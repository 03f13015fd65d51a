-- ===== src/Api/Routes/Names.antt =====
-- The names in the path of a call: a cluster's and a topic's go there as they are.
use kafka_ui.Base.{List, [], ◌∷◌, Text}
use kafka_ui.Api.Routes.{
  Call, brokers_list, topics_list, topics_details, topics_delete, topics_create, messages_browse,
  messages_produce, groups_list, groups_details, groups_reset, schemas_list, schemas_details,
  schemas_delete, schemas_create, connect_list, connect_details, connect_delete, connect_restart,
  connect_pause, connect_resume, connect_create, connect_update, ksql_execute, ksql_info, acl_list,
  acl_create, acl_delete, users_list, users_create, users_delete, metrics_get, admin_update,
  admin_delete, admin_user, admin_delete_user, admin_roles,
}

-- The names that go into the path as they are.
abbrev pub plain_names : Call → List Text
plain_names (brokers_list c) = c ∷ []
plain_names (topics_list c) = c ∷ []
plain_names (topics_details c t) = c ∷ t ∷ []
plain_names (topics_delete c t) = c ∷ t ∷ []
plain_names (topics_create c d) = c ∷ []
plain_names (messages_browse c t) = c ∷ t ∷ []
plain_names (messages_produce c t d) = c ∷ t ∷ []
plain_names (groups_list c) = c ∷ []
plain_names (groups_details c n) = c ∷ []
plain_names (groups_reset c n d) = c ∷ []
plain_names (schemas_list c) = c ∷ []
plain_names (schemas_details c n) = c ∷ []
plain_names (schemas_delete c n) = c ∷ []
plain_names (schemas_create c d) = c ∷ []
plain_names (connect_list c) = c ∷ []
plain_names (connect_details c n) = c ∷ []
plain_names (connect_delete c n) = c ∷ []
plain_names (connect_restart c n) = c ∷ []
plain_names (connect_pause c n) = c ∷ []
plain_names (connect_resume c n) = c ∷ []
plain_names (connect_create c d) = c ∷ []
plain_names (connect_update c n d) = c ∷ []
plain_names (ksql_execute c d) = c ∷ []
plain_names (ksql_info c) = c ∷ []
plain_names (acl_list c) = c ∷ []
plain_names (acl_create c d) = c ∷ []
plain_names (acl_delete c d) = c ∷ []
plain_names (users_list c) = c ∷ []
plain_names (users_create c d) = c ∷ []
plain_names (users_delete c d) = c ∷ []
plain_names (metrics_get c) = c ∷ []
plain_names _ = []

-- The names that are encoded.
abbrev pub encoded_names : Call → List Text
encoded_names (groups_details c n) = n ∷ []
encoded_names (groups_reset c n d) = n ∷ []
encoded_names (schemas_details c n) = n ∷ []
encoded_names (schemas_delete c n) = n ∷ []
encoded_names (connect_details c n) = n ∷ []
encoded_names (connect_delete c n) = n ∷ []
encoded_names (connect_restart c n) = n ∷ []
encoded_names (connect_pause c n) = n ∷ []
encoded_names (connect_resume c n) = n ∷ []
encoded_names (connect_update c n d) = n ∷ []
encoded_names (admin_update n d v) = n ∷ []
encoded_names (admin_delete n) = n ∷ []
encoded_names (admin_user n) = n ∷ []
encoded_names (admin_delete_user n) = n ∷ []
encoded_names (admin_roles n d) = n ∷ []
encoded_names _ = []
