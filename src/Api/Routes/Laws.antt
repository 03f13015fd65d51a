-- ===== src/Api/Routes/Laws.antt =====
-- The path of a call and its parts.
use kafka_ui.Base.{
  ◌≡◌, refl, ap, ◌∙◌, false, Option, none, some, List, [], ◌∷◌, ◌++◌, All, any, ◌==◌, arith, Text,
  codes, split, split-append, split_whole, HasNo, Option-cases, inl, inr, append-nil,
}
use kafka_ui.Api.Encode.{encode_uri_component}
use kafka_ui.Api.Encode.Laws.{IsUnits, IsPlain, encode_uri_component-IsPlain}
use kafka_ui.Api.Routes.{
  join, with_encoded, in_cluster, segments, Call, overview, clusters_list, brokers_list,
  topics_list, topics_details, topics_delete, topics_create, messages_browse, messages_produce,
  groups_list, groups_details, groups_reset, schemas_list, schemas_details, schemas_delete,
  schemas_create, connect_list, connect_details, connect_delete, connect_restart, connect_pause,
  connect_resume, connect_create, connect_update, ksql_execute, ksql_info, acl_list, acl_create,
  acl_delete, users_list, users_create, users_delete, metrics_get, cel_validate, auth_status,
  auth_me, auth_logout, auth_permissions, auth_login, admin_clusters, admin_add, admin_update,
  admin_delete, admin_test, admin_users, admin_user, admin_delete_user, admin_roles,
}
use kafka_ui.Api.Routes.Names.{plain_names, encoded_names}

abbrev pub IsSegment : Text → Type 0
IsSegment = HasNo b'/'

plain-IsSegment : (e : Text) → All IsPlain e → IsSegment e
plain-IsSegment [] h = tt
plain-IsSegment (c ∷ e) (h, hs) = (ground arith, plain-IsSegment e hs)

AllOf : Option (List Text) → Type 0
AllOf none = Unit
AllOf (some ss) = All IsSegment ss

encoded-AllOf :
    (name : Text) (parts : Text → List Text)
    → IsUnits name
    → ((e : Text) → IsSegment e → All IsSegment (parts e))
    → AllOf (with_encoded name parts)
unfolding AllOf
encoded-AllOf name parts u h = elim (Option-cases (encode_uri_component name)) [
  | inl throws ↦ rw (throws, AllOf) tt
  | inr (e, done) ↦
      rw (done, AllOf) (h e (plain-IsSegment e (encode_uri_component-IsPlain name e u done)))
]

literal : (s : Text) → any (λ c. c == b'/') s ≡ false → IsSegment s
literal [] h = tt
literal (c ∷ s) h = (ground arith, literal s (ground arith))

in_cluster-IsSegment :
    (c : Text) (parts : List Text)
    → IsSegment c
    → All IsSegment parts
    → All IsSegment (in_cluster c parts)
in_cluster-IsSegment c parts hc h = (literal (codes "clusters") refl, (hc, h))

segments-AllOf :
    (c : Call) → All IsSegment (plain_names c) → All IsUnits (encoded_names c) → AllOf (segments c)
unfolding segments AllOf
segments-AllOf overview hs us = (literal (codes "dashboard") refl, tt)
segments-AllOf clusters_list hs us = (literal (codes "clusters") refl, tt)
segments-AllOf (brokers_list c) hs us =
    in_cluster-IsSegment c (codes "brokers" ∷ []) hs.0 (literal (codes "brokers") refl, tt)
segments-AllOf (topics_list c) hs us =
    in_cluster-IsSegment c (codes "topics" ∷ []) hs.0 (literal (codes "topics") refl, tt)
segments-AllOf (topics_details c t) hs us =
    in_cluster-IsSegment c (codes "topics" ∷ t ∷ []) hs.0
      (literal (codes "topics") refl, (hs.1.0, tt))
segments-AllOf (topics_delete c t) hs us =
    in_cluster-IsSegment c (codes "topics" ∷ t ∷ []) hs.0
      (literal (codes "topics") refl, (hs.1.0, tt))
segments-AllOf (topics_create c d) hs us =
    in_cluster-IsSegment c (codes "topics" ∷ []) hs.0 (literal (codes "topics") refl, tt)
segments-AllOf (messages_browse c t) hs us =
    in_cluster-IsSegment c (codes "topics" ∷ t ∷ codes "messages" ∷ []) hs.0
      (literal (codes "topics") refl, (hs.1.0, (literal (codes "messages") refl, tt)))
segments-AllOf (messages_produce c t d) hs us =
    in_cluster-IsSegment c (codes "topics" ∷ t ∷ codes "messages" ∷ []) hs.0
      (literal (codes "topics") refl, (hs.1.0, (literal (codes "messages") refl, tt)))
segments-AllOf (groups_list c) hs us =
    in_cluster-IsSegment c (codes "consumer-groups" ∷ []) hs.0
      (literal (codes "consumer-groups") refl, tt)
segments-AllOf (groups_details c n) hs us =
    encoded-AllOf n (λ e. in_cluster c (codes "consumer-groups" ∷ e ∷ [])) us.0
      (λ e he.
        in_cluster-IsSegment c (codes "consumer-groups" ∷ e ∷ []) hs.0
          (literal (codes "consumer-groups") refl, (he, tt)))
segments-AllOf (groups_reset c n d) hs us =
    encoded-AllOf n (λ e. in_cluster c (codes "consumer-groups" ∷ e ∷ codes "reset" ∷ [])) us.0
      (λ e he.
        in_cluster-IsSegment c (codes "consumer-groups" ∷ e ∷ codes "reset" ∷ []) hs.0
          (literal (codes "consumer-groups") refl, (he, (literal (codes "reset") refl, tt))))
segments-AllOf (schemas_list c) hs us =
    in_cluster-IsSegment c (codes "schemas" ∷ []) hs.0 (literal (codes "schemas") refl, tt)
segments-AllOf (schemas_details c n) hs us =
    encoded-AllOf n (λ e. in_cluster c (codes "schemas" ∷ e ∷ [])) us.0
      (λ e he.
        in_cluster-IsSegment c (codes "schemas" ∷ e ∷ []) hs.0
          (literal (codes "schemas") refl, (he, tt)))
segments-AllOf (schemas_delete c n) hs us =
    encoded-AllOf n (λ e. in_cluster c (codes "schemas" ∷ e ∷ [])) us.0
      (λ e he.
        in_cluster-IsSegment c (codes "schemas" ∷ e ∷ []) hs.0
          (literal (codes "schemas") refl, (he, tt)))
segments-AllOf (schemas_create c d) hs us =
    in_cluster-IsSegment c (codes "schemas" ∷ []) hs.0 (literal (codes "schemas") refl, tt)
segments-AllOf (connect_list c) hs us =
    in_cluster-IsSegment c (codes "connectors" ∷ []) hs.0 (literal (codes "connectors") refl, tt)
segments-AllOf (connect_details c n) hs us =
    encoded-AllOf n (λ e. in_cluster c (codes "connectors" ∷ e ∷ [])) us.0
      (λ e he.
        in_cluster-IsSegment c (codes "connectors" ∷ e ∷ []) hs.0
          (literal (codes "connectors") refl, (he, tt)))
segments-AllOf (connect_delete c n) hs us =
    encoded-AllOf n (λ e. in_cluster c (codes "connectors" ∷ e ∷ [])) us.0
      (λ e he.
        in_cluster-IsSegment c (codes "connectors" ∷ e ∷ []) hs.0
          (literal (codes "connectors") refl, (he, tt)))
segments-AllOf (connect_restart c n) hs us =
    encoded-AllOf n (λ e. in_cluster c (codes "connectors" ∷ e ∷ codes "restart" ∷ [])) us.0
      (λ e he.
        in_cluster-IsSegment c (codes "connectors" ∷ e ∷ codes "restart" ∷ []) hs.0
          (literal (codes "connectors") refl, (he, (literal (codes "restart") refl, tt))))
segments-AllOf (connect_pause c n) hs us =
    encoded-AllOf n (λ e. in_cluster c (codes "connectors" ∷ e ∷ codes "pause" ∷ [])) us.0
      (λ e he.
        in_cluster-IsSegment c (codes "connectors" ∷ e ∷ codes "pause" ∷ []) hs.0
          (literal (codes "connectors") refl, (he, (literal (codes "pause") refl, tt))))
segments-AllOf (connect_resume c n) hs us =
    encoded-AllOf n (λ e. in_cluster c (codes "connectors" ∷ e ∷ codes "resume" ∷ [])) us.0
      (λ e he.
        in_cluster-IsSegment c (codes "connectors" ∷ e ∷ codes "resume" ∷ []) hs.0
          (literal (codes "connectors") refl, (he, (literal (codes "resume") refl, tt))))
segments-AllOf (connect_create c d) hs us =
    in_cluster-IsSegment c (codes "connectors" ∷ []) hs.0 (literal (codes "connectors") refl, tt)
segments-AllOf (connect_update c n d) hs us =
    encoded-AllOf n (λ e. in_cluster c (codes "connectors" ∷ e ∷ [])) us.0
      (λ e he.
        in_cluster-IsSegment c (codes "connectors" ∷ e ∷ []) hs.0
          (literal (codes "connectors") refl, (he, tt)))
segments-AllOf (ksql_execute c d) hs us =
    in_cluster-IsSegment c (codes "ksql" ∷ []) hs.0 (literal (codes "ksql") refl, tt)
segments-AllOf (ksql_info c) hs us =
    in_cluster-IsSegment c (codes "ksql" ∷ codes "info" ∷ []) hs.0
      (literal (codes "ksql") refl, (literal (codes "info") refl, tt))
segments-AllOf (acl_list c) hs us =
    in_cluster-IsSegment c (codes "acls" ∷ []) hs.0 (literal (codes "acls") refl, tt)
segments-AllOf (acl_create c d) hs us =
    in_cluster-IsSegment c (codes "acls" ∷ []) hs.0 (literal (codes "acls") refl, tt)
segments-AllOf (acl_delete c d) hs us =
    in_cluster-IsSegment c (codes "acls" ∷ codes "delete" ∷ []) hs.0
      (literal (codes "acls") refl, (literal (codes "delete") refl, tt))
segments-AllOf (users_list c) hs us =
    in_cluster-IsSegment c (codes "users" ∷ []) hs.0 (literal (codes "users") refl, tt)
segments-AllOf (users_create c d) hs us =
    in_cluster-IsSegment c (codes "users" ∷ []) hs.0 (literal (codes "users") refl, tt)
segments-AllOf (users_delete c d) hs us =
    in_cluster-IsSegment c (codes "users" ∷ codes "delete" ∷ []) hs.0
      (literal (codes "users") refl, (literal (codes "delete") refl, tt))
segments-AllOf (metrics_get c) hs us =
    in_cluster-IsSegment c (codes "metrics" ∷ []) hs.0 (literal (codes "metrics") refl, tt)
segments-AllOf (cel_validate x) hs us =
    (literal (codes "cel") refl, (literal (codes "validate") refl, tt))
segments-AllOf auth_status hs us =
    (literal (codes "auth") refl, (literal (codes "status") refl, tt))
segments-AllOf auth_me hs us = (literal (codes "auth") refl, (literal (codes "me") refl, tt))
segments-AllOf auth_logout hs us =
    (literal (codes "auth") refl, (literal (codes "logout") refl, tt))
segments-AllOf auth_permissions hs us =
    (literal (codes "auth") refl, (literal (codes "permissions") refl, tt))
segments-AllOf (auth_login d) hs us =
    (literal (codes "auth") refl, (literal (codes "login") refl, tt))
segments-AllOf admin_clusters hs us =
    (literal (codes "admin") refl, (literal (codes "clusters") refl, tt))
segments-AllOf (admin_add d v) hs us =
    (literal (codes "admin") refl, (literal (codes "clusters") refl, tt))
segments-AllOf (admin_update n d v) hs us =
    encoded-AllOf n (λ e. codes "admin" ∷ codes "clusters" ∷ e ∷ []) us.0
      (λ e he. (literal (codes "admin") refl, (literal (codes "clusters") refl, (he, tt))))
segments-AllOf (admin_delete n) hs us =
    encoded-AllOf n (λ e. codes "admin" ∷ codes "clusters" ∷ e ∷ []) us.0
      (λ e he. (literal (codes "admin") refl, (literal (codes "clusters") refl, (he, tt))))
segments-AllOf (admin_test d) hs us = (
  literal (codes "admin") refl,
  (literal (codes "clusters") refl, (literal (codes "test") refl, tt)),
)
segments-AllOf admin_users hs us =
    (literal (codes "admin") refl, (literal (codes "users") refl, tt))
segments-AllOf (admin_user n) hs us =
    encoded-AllOf n (λ e. codes "admin" ∷ codes "users" ∷ e ∷ []) us.0
      (λ e he. (literal (codes "admin") refl, (literal (codes "users") refl, (he, tt))))
segments-AllOf (admin_delete_user n) hs us =
    encoded-AllOf n (λ e. codes "admin" ∷ codes "users" ∷ e ∷ []) us.0
      (λ e he. (literal (codes "admin") refl, (literal (codes "users") refl, (he, tt))))
segments-AllOf (admin_roles n d) hs us =
    encoded-AllOf n (λ e. codes "admin" ∷ codes "users" ∷ e ∷ codes "roles" ∷ []) us.0
      (λ e he. (
        literal (codes "admin") refl,
        (literal (codes "users") refl, (he, (literal (codes "roles") refl, tt))),
      ))

split-join :
    (s : Text) (ss : List Text)
    → IsSegment s
    → All IsSegment ss
    → split b'/' (s ++ join ss) ≡ s ∷ ss
split-join s [] h hs = rw (append-nil s) (split_whole b'/' s h)
split-join s (t ∷ ss) h (ht, hs) =
    split-append b'/' s (t ++ join ss) h ∙ ap (s ∷◌) (split-join t ss ht hs)

some-AllOf : (ss : List Text) → AllOf (some ss) → All IsSegment ss
unfolding AllOf
some-AllOf ss h = h

-- The path of a call, cut at each "/", has exactly the parts that the call puts there, whatever the
-- encoded names hold, if the cluster's and the topic's names, which are not encoded, hold no "/".
pub segments-split :
    (c : Call) (ss : List Text)
    → All IsSegment (plain_names c)
    → All IsUnits (encoded_names c)
    → segments c ≡ some ss
    → split b'/' (join ss) ≡ [] ∷ ss
segments-split c ss hs us at =
    split-join [] ss tt (some-AllOf ss (rw at at (segments-AllOf c hs us)))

TASK ITEM: Copy out all the lines of the records that include "split".

TASK RESPONSE:
  codes, split, split-append, split_whole, HasNo, Option-cases, inl, inr, append-nil,
split-join :
    → split b'/' (s ++ join ss) ≡ s ∷ ss
split-join s [] h hs = rw (append-nil s) (split_whole b'/' s h)
split-join s (t ∷ ss) h (ht, hs) =
    split-append b'/' s (t ++ join ss) h ∙ ap (s ∷◌) (split-join t ss ht hs)
pub segments-split :
    → split b'/' (join ss) ≡ [] ∷ ss
segments-split c ss hs us at =
    split-join [] ss tt (some-AllOf ss (rw at at (segments-AllOf c hs us)))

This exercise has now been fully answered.